Igniting Workplace Enthusiasm

The Danger Of Longevity


Sometimes you see a confident presenter really bomb. It doesn’t happen all that often, but when it does, the contrast is vast. If they are totally hopeless and they bomb, well that is understandable. But a competent presenter bombing shouldn’t occur. It did and I was wondering why that happened? Where did our speaker go wrong?

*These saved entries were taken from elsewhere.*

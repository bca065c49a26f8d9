-- ===== src/Rewards.antt =====
-- nexus_server/rewards.go, the catalog and the roll of a crate. The two calls of `intn` in
-- `rollReward` are two arguments, `draw` for the rarity and `draw'` for the item.
pub mod Roll
pub mod Crates
pub mod History
pub mod Streaks
pub mod Fairness
pub mod Runs
pub mod Crafting
pub mod Limits
use mathlib.Core.Option
use phazechat_world.Prelude.{
  ℕ, zero, suc, ◌+◌, ◌-◌, ◌*◌, ◌/◌, ◌%◌, ◌≤◌, ◌<◌, min, max, ◌≡◌, refl, sym, ap, subst, ◌∙◌, ◌≢◌,
  ◌↔◌, ◌⊎◌, inl, inr, Bool, true, false, not, ◌&&◌, ◌||◌, Option, none, some, List, [], ◌∷◌, ◌++◌,
  map, arith, eq_iff, eq_refl, String, Map, lookup, insert, delete, retain, guarded, lookup-insert,
  lookup-delete, lookup-retain, modify, update_all, apply, lookup-modify, lookup-update_all,
  map_laws, length, keep, any, All, length-append, length-keep-le, get_elem?, All-keep, keep-All,
  All-get, get_elem?-total, keep-append, keep-none, ltb, leb, eqb, ◌==◌, if◌then◌else◌, Bool-cases,
  Option-cases, trim_space, has, without, including, has-without, has-including, has-All, is_empty,
  starts_with,
}

pub record RewardItem : Type 0 where
  pub id : String
  pub kind : String
  pub rarity : String

abbrev pub item : String → String → String → RewardItem
item id kind rarity = record { id = id; kind = kind; rarity = rarity }

abbrev pub reward_catalog : List RewardItem
reward_catalog =
    item "squad" "emoticon" "common"
    ∷ item "cheers" "emoticon" "common"
    ∷ item "boba" "emoticon" "common"
    ∷ item "sticker-hello" "sticker" "common"
    ∷ item "sticker-gg" "sticker" "common"
    ∷ item "comet" "emoticon" "rare"
    ∷ item "rocket" "emoticon" "rare"
    ∷ item "sticker-cat" "sticker" "rare"
    ∷ item "fx-confetti" "effect" "rare"
    ∷ item "fx-hearts" "effect" "rare"
    ∷ item "crown" "emoticon" "epic"
    ∷ item "diamond" "emoticon" "epic"
    ∷ item "sticker-cosmic" "sticker" "epic"
    ∷ item "fx-fireworks" "effect" "epic"
    ∷ item "legend" "emoticon" "legendary"
    ∷ item "fx-aurora" "effect" "legendary"
    ∷ []

abbrev pub rarity_order : List String
rarity_order = "common" ∷ "rare" ∷ "epic" ∷ "legendary" ∷ []

-- The maps by rarity: 0 for a text that is none.
unfoldable pub rarity_weight : String → ℕ
rarity_weight r =
    if r == "common"
    then 60
    else if r == "rare"
    then 28
    else if r == "epic"
    then 10
    else if r == "legendary"
    then 2
    else 0

unfoldable pub shards_for_duplicate : String → ℕ
shards_for_duplicate r =
    if r == "common"
    then 10
    else if r == "rare"
    then 30
    else if r == "epic"
    then 80
    else if r == "legendary"
    then 250
    else 0

unfoldable pub craft_cost : String → ℕ
craft_cost r =
    if r == "common"
    then 30
    else if r == "rare"
    then 90
    else if r == "epic"
    then 250
    else if r == "legendary"
    then 700
    else 0

abbrev pub pity_rare_after : ℕ
pity_rare_after = 3

abbrev pub pity_epic_after : ℕ
pity_epic_after = 9

unfoldable pub index_of : ℕ → String → List String → ℕ
index_of i r [] = 0
index_of i r (x ∷ xs) = if x == r then i else index_of (i + 1) r xs

unfoldable pub rarity_rank : String → ℕ
unfolding index_of
rarity_rank r = index_of 0 r rarity_order

unfoldable pub find_item : String → List RewardItem → Option RewardItem
find_item id [] = none
find_item id (it ∷ its) = if it.id == id then some it else find_item id its

unfoldable pub reward_by_id : String → Option RewardItem
unfolding find_item
reward_by_id id = find_item id reward_catalog

-- One round of the loop of `pityCounters`: how many in a row came up below rare, and below epic.
unfoldable pub pity_step : ℕ × ℕ → String → ℕ × ℕ
pity_step (since_rare, since_epic) id = elim (reward_by_id id) [
  | none ↦ (since_rare, since_epic)
  | some it ↦ (
    if leb 1 (rarity_rank it.rarity) then 0 else since_rare + 1,
    if leb 2 (rarity_rank it.rarity) then 0 else since_epic + 1,
  )
]

unfoldable pub pity_loop : ℕ × ℕ → List String → ℕ × ℕ
pity_loop counters [] = counters
pity_loop counters (id ∷ ids) = pity_loop (pity_step counters id) ids

unfoldable pub pity_counters : List String → ℕ × ℕ
unfolding pity_loop
pity_counters opened = pity_loop (0, 0) opened

unfoldable pub floor_of : ℕ → ℕ → ℕ
floor_of since_rare since_epic =
    if leb pity_epic_after since_epic then 2 else if leb pity_rare_after since_rare then 1 else 0

-- The sum of the weights from a floor on.
unfoldable pub total_weight : ℕ → List String → ℕ
total_weight floor [] = 0
total_weight floor (r ∷ rs) =
    (if leb floor (rarity_rank r) then rarity_weight r else 0) + total_weight floor rs

-- The loop that turns a number into a rarity; `fallback` is what it started from.
unfoldable pub pick_rarity : ℕ → ℕ → String → List String → String
pick_rarity floor n fallback [] = fallback
pick_rarity floor n fallback (r ∷ rs) =
    if ltb (rarity_rank r) floor
    then pick_rarity floor n fallback rs
    else if ltb n (rarity_weight r)
    then r
    else pick_rarity floor (n - rarity_weight r) fallback rs

-- `rarityOrder[floor]`
unfoldable pub rarity_at : ℕ → String
rarity_at floor = elim (get_elem? rarity_order floor) [ none ↦ "" | some r ↦ r ]

unfoldable pub roll_rarity : ℕ → (ℕ → ℕ) → String
unfolding total_weight pick_rarity rarity_at
roll_rarity floor draw =
    pick_rarity floor (draw (total_weight floor rarity_order)) (rarity_at floor) rarity_order

unfoldable pub all_of : String → List RewardItem
all_of rarity = keep (λ c. c.rarity == rarity) reward_catalog

unfoldable pub fresh_of : List String → String → List RewardItem
unfolding all_of
fresh_of owned rarity = keep (λ c. not (has c.id owned)) (all_of rarity)

-- `xs[intn(len(xs))]` and whether it is a duplicate; `none` is a panic.
unfoldable pub choose : List RewardItem → (ℕ → ℕ) → Bool → Option (RewardItem × Bool)
choose items draw dupe = Option.map (λ it. (it, dupe)) (get_elem? items (draw (length items)))

unfoldable pub pick_item : List String → String → (ℕ → ℕ) → Option (RewardItem × Bool)
pick_item owned rarity draw =
    if ltb 0 (length (fresh_of owned rarity))
    then choose (fresh_of owned rarity) draw false
    else choose (all_of rarity) draw true

unfoldable pub roll_reward : List String → ℕ → ℕ → (ℕ → ℕ) → (ℕ → ℕ) → Option (RewardItem × Bool)
unfolding floor_of
roll_reward owned since_rare since_epic draw draw' =
    pick_item owned (roll_rarity (floor_of since_rare since_epic) draw) draw'
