-- ===== src/Rewards/Crates.antt =====
-- The tables of nexus_server/rewards.go and the functions on them. Times are whole seconds, as
-- SQLite's CURRENT_TIMESTAMP; the rows of `reward_crates` stand in the order of their ids and those
-- of `users` in the order of `created_at, username`.
use phazechat_world.Prelude.{
  ℕ, ◌+◌, ◌-◌, Bool, true, false, not, ◌&&◌, ◌||◌, Option, none, some, List, [], ◌∷◌, ◌++◌, map,
  String, Map, lookup, length, keep, any, ltb, leb, eqb, ◌==◌, if◌then◌else◌, has, first_row,
  change_rows,
}
use phazechat_world.Rewards.{
  RewardItem, reward_catalog, reward_by_id, shards_for_duplicate, craft_cost, pity_counters,
  roll_reward,
}

-- The columns of `users` that rewards read.
pub record Referral : Type 0 where
  pub referred_by : String
  pub is_verified : Bool
  pub signup_ip : String

-- A row of `reward_crates`; `opened_at` is 0 while it is NULL, as `item` then is.
pub record Crate : Type 0 where
  pub id : ℕ
  pub owner : String
  pub source : String
  pub item : Option String
  pub shards : ℕ
  pub created_at : ℕ
  pub opened_at : ℕ

-- A row of `reward_crafts`.
pub record Craft : Type 0 where
  pub owner : String
  pub item : String
  pub cost : ℕ

pub record Db : Type 0 where
  pub users : Map Referral
  pub crates : List Crate
  pub crafts : List Craft
  pub next_id : ℕ

abbrev pub max_crates_per_signup_ip : ℕ
max_crates_per_signup_ip = 2

abbrev pub max_crates_per_day : ℕ
max_crates_per_day = 5

abbrev pub day : ℕ
day = 86400

-- `username IN (SELECT source FROM reward_crates)`
unfoldable pub is_source : String → List Crate → Bool
is_source username crates = any (λ c. c.source == username) crates

unfoldable pub is_candidate : String → List Crate → String × Referral → Bool
unfolding is_source
is_candidate owner crates (username, r) =
    r.referred_by == owner && r.is_verified && not (is_source username crates)

unfoldable pub is_today : String → ℕ → Crate → Bool
is_today owner now c = c.owner == owner && ltb now (c.created_at + day)

unfoldable pub today : String → ℕ → List Crate → ℕ
unfolding is_today
today owner now crates = length (keep (is_today owner now) crates)

-- `… JOIN users u ON u.username = rc.source WHERE rc.owner = ? AND u.signup_ip = ?`
unfoldable pub is_from : String → String → Map Referral → Crate → Bool
is_from owner ip users c =
    c.owner == owner && (elim (lookup c.source users) [ none ↦ false | some r ↦ r.signup_ip == ip ])

unfoldable pub same_ip : String → String → Map Referral → List Crate → ℕ
unfolding is_from
same_ip owner ip users crates = length (keep (is_from owner ip users) crates)

-- `INSERT OR IGNORE`, with how many rows it added.
unfoldable pub insert_crate : String → String → ℕ → Db → ℕ × Db
unfolding is_source
insert_crate owner username now db = if is_source username db.crates then (0, db) else (
  1,
  record db {
    crates =
        db.crates
        ++ record {
          id = db.next_id;
          owner = owner;
          source = username;
          item = none;
          shards = 0;
          created_at = now;
          opened_at = 0;
        }
          ∷ [];
    next_id = db.next_id + 1;
  },
)

-- One round of the loop for a candidate that the daily limit leaves.
unfoldable pub grant_one : String → ℕ → String × Referral → Db → ℕ × Db
unfolding same_ip insert_crate
grant_one owner now (username, r) db =
    if not (r.signup_ip == "")
      && leb max_crates_per_signup_ip (same_ip owner r.signup_ip db.users db.crates)
    then (0, db)
    else insert_crate owner username now db

unfoldable pub grant : String → ℕ → List (String × Referral) → Db → ℕ × Db
unfolding today grant_one
grant owner now [] db = (0, db)
grant owner now (c ∷ cs) db =
    let (n, db') = grant_one owner now c db in
    let (m, db'') = grant owner now cs db' in
    if leb max_crates_per_day (today owner now db.crates) then (0, db) else (n + m, db'')

unfoldable pub sync_crates : String → ℕ → Db → ℕ × Db
unfolding is_candidate grant
sync_crates owner now db = grant owner now (keep (is_candidate owner db.crates) db.users) db

unfoldable pub is_unopened : Crate → Bool
is_unopened c = elim c.item [ none ↦ true | some id ↦ false ]

unfoldable pub can_open : String → Crate → Bool
unfolding is_unopened
can_open owner c = c.owner == owner && is_unopened c

unfoldable pub unopened_crates : String → Db → ℕ
unfolding can_open
unopened_crates owner db = length (keep (can_open owner) db.crates)

unfoldable pub is_opened : String → Crate → Bool
unfolding is_unopened
is_opened owner c = c.owner == owner && not (is_unopened c)

-- `ORDER BY opened_at, id` of rows in the order of their ids.
unfoldable pub insert_opened : Crate → List Crate → List Crate
insert_opened c [] = c ∷ []
insert_opened c (d ∷ ds) =
    if leb c.opened_at d.opened_at then c ∷ d ∷ ds else d ∷ insert_opened c ds

unfoldable pub sort_opened : List Crate → List Crate
unfolding insert_opened
sort_opened [] = []
sort_opened (c ∷ cs) = insert_opened c (sort_opened cs)

unfoldable pub item_of : Crate → String
item_of c = elim c.item [ none ↦ "" | some id ↦ id ]

unfoldable pub rolled_items : String → Db → List String
unfolding is_opened sort_opened item_of
rolled_items owner db = map item_of (sort_opened (keep (is_opened owner) db.crates))

unfoldable pub crafted_items : String → List Craft → List String
crafted_items owner crafts = map (λ c. c.item) (keep (λ c. c.owner == owner) crafts)

-- The inventory, in the order of the catalog.
unfoldable pub opened_items : String → Db → List String
unfolding rolled_items crafted_items
opened_items owner db =
    map (λ c. c.id)
      (keep (λ c. has c.id (rolled_items owner db) || has c.id (crafted_items owner db.crafts))
        reward_catalog)

unfoldable pub gained : String → List Crate → ℕ
gained owner [] = 0
gained owner (c ∷ cs) = (if c.owner == owner then c.shards else 0) + gained owner cs

unfoldable pub spent : String → List Craft → ℕ
spent owner [] = 0
spent owner (c ∷ cs) = (if c.owner == owner then c.cost else 0) + spent owner cs

-- The difference, which the source lets be negative and which stops at 0 here.
unfoldable pub shard_balance : String → Db → ℕ
unfolding gained spent
shard_balance owner db = gained owner db.crates - spent owner db.crafts

pub data RewardError : Type 0 where
  no_crates unknown owned not_enough busy panic : RewardError

pub data Opened : Type 0 where
  failed : RewardError → Opened
  opened : RewardItem → Bool → ℕ → Opened

-- `UPDATE … WHERE id = ? AND item IS NULL`, and how many rows it changed.
unfoldable pub spend_crate : ℕ → RewardItem → ℕ → ℕ → Db → ℕ × Db
unfolding is_unopened
spend_crate id it shards now db = (
  length (keep (λ c. eqb c.id id && is_unopened c) db.crates),
  record db {
    crates =
        change_rows (λ c. eqb c.id id && is_unopened c)
          (λ c. record c { item = some it.id; shards = shards; opened_at = now }) db.crates;
  },
)

unfoldable pub shards_of : RewardItem → Bool → ℕ
unfolding shards_for_duplicate
shards_of it dupe = if dupe then shards_for_duplicate it.rarity else 0

-- What was rolled goes into the crate with this id.
unfoldable pub put_reward : ℕ → ℕ → Option (RewardItem × Bool) → Db → Opened × Db
unfolding spend_crate shards_of
put_reward id now none db = (failed panic, db)
put_reward id now (some (it, dupe)) db =
    let (n, db') = spend_crate id it (shards_of it dupe) now db in
    if eqb n 1 then (opened it dupe (shards_of it dupe), db') else (failed busy, db')

-- What is done with the oldest crate that is not open.
unfoldable pub open_found : Option Crate → String → ℕ → (ℕ → ℕ) → (ℕ → ℕ) → Db → Opened × Db
unfolding opened_items put_reward
open_found none owner now draw draw' db = (failed no_crates, db)
open_found (some c) owner now draw draw' db =
    let (since_rare, since_epic) = pity_counters (rolled_items owner db) in
    put_reward c.id now (roll_reward (opened_items owner db) since_rare since_epic draw draw') db

unfoldable pub open_crate : String → ℕ → (ℕ → ℕ) → (ℕ → ℕ) → Db → Opened × Db
unfolding can_open open_found
open_crate owner now draw draw' db =
    open_found (first_row (can_open owner) db.crates) owner now draw draw' db

-- `INSERT INTO reward_crafts`, with its UNIQUE(owner, item).
unfoldable pub insert_craft : String → String → ℕ → Db → Option RewardError × Db
unfolding crafted_items
insert_craft owner item cost db =
    if has item (crafted_items owner db.crafts) then (some owned, db) else (
      none,
      record db { crafts = record { owner = owner; item = item; cost = cost } ∷ db.crafts },
    )

-- What follows once the catalog has been asked for the item. `shardBalance(owner) < cost` is written
-- without the difference, which may be negative.
unfoldable pub craft_found : Option RewardItem → String → String → Db → Option RewardError × Db
unfolding opened_items gained spent insert_craft
craft_found none owner item db = (some unknown, db)
craft_found (some it) owner item db =
    if has item (opened_items owner db)
    then (some owned, db)
    else if ltb (gained owner db.crates) (spent owner db.crafts + craft_cost it.rarity)
    then (some not_enough, db)
    else insert_craft owner item (craft_cost it.rarity) db

unfoldable pub craft_reward : String → String → Db → Option RewardError × Db
unfolding craft_found
craft_reward owner item db = craft_found (reward_by_id item) owner item db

Comedians have this same problem – no one laughs at their jokes and there is not much camouflage for them to hide behind, when all they have is a microphone stand on a stage. Being in the limelight, at the podium, on stage, up on the dais is a pressure location. When you are revealed to everyone as a flop all your desperate attempts to refloat the Titanic, make the whole thing seem even more preposterous and pathetic.
In this case, there wasn’t even a good recognition that things were rapidly going south. It was only at the end, when it was too late to do anything about it, that the speaker realised he had bombed completely. The tepid applause reaction was a give away. The lack of questions a more immediate one. The whole apparatus of the talk collapsed in on itself, under the weight of its own ineptitude.
The issues were a misreading of the audience and an arrogance. The audience had been lured to the venue with bold promises of goodness and light. The content wasn’t good enough to back up the advertising and the audience spotted the gap straight away. They were there for answers. There weren’t any and they knew it.
The arrogance was an assumption about the speaker’s credibility being sufficient to justify the content of the presentation. When we emphasise the years in business, we are aiming for increased credibility, linked back to our stupendous track record. We have stood the test of time etc. Our speaker had not properly prepared the presentation. He gave it a "once over lightly" treatment, because of his supreme confidence in his ability to deliver the talk. He was a good speaker and a competent presenter. He thought his track record stood for itself. The only problem was the content of the talk was rubbish.
We tread a fine line with the longevity thing. Track record, sustained over many, many years is a credible thing for the audience. The only concerns are that the whole affair may be perceived as dated. We are always being fed the new and greatest, latest best thing. Business fad books come and come and come. The old ones are taken out the back and quietly disappeared. When we talk about the good old days we like it because we were there, but the audience only cares about what is the relevance for them. We have to be skilled to make it fresh, new and connected to their current business reality.
Our speaker failed in that regard. I said arrogance and this is the bit that hurts. Our pride in our track record can make us blind to the fact that people don’t really care all that much. We like strolling down memory lane, but so what. We arrogantly assume that what we did was important. Wrong. Where is the link to the audience’s current problem right now? We have to keep building that connection. The successes of the past help us to prepare for the future. The failures of the past, help us to prepare for the future.
This is the skillset needed in a speech presentation. Getting the audience need properly understood, suspending what we like to talk about and instead focusing on what the audience is keen to know about is our task. If we fail to get that balance right, we can come across as dated. This is what happened to our speaker. He delivered a brilliant rendition of his past glories and achievements, without effectively connecting to the audience’s concerns of today.
I am getting older too, so I took copious notes from this speech on what not to do, if I am ever tempted to talk at length about my good old days. I think we all should avoid that temptation too.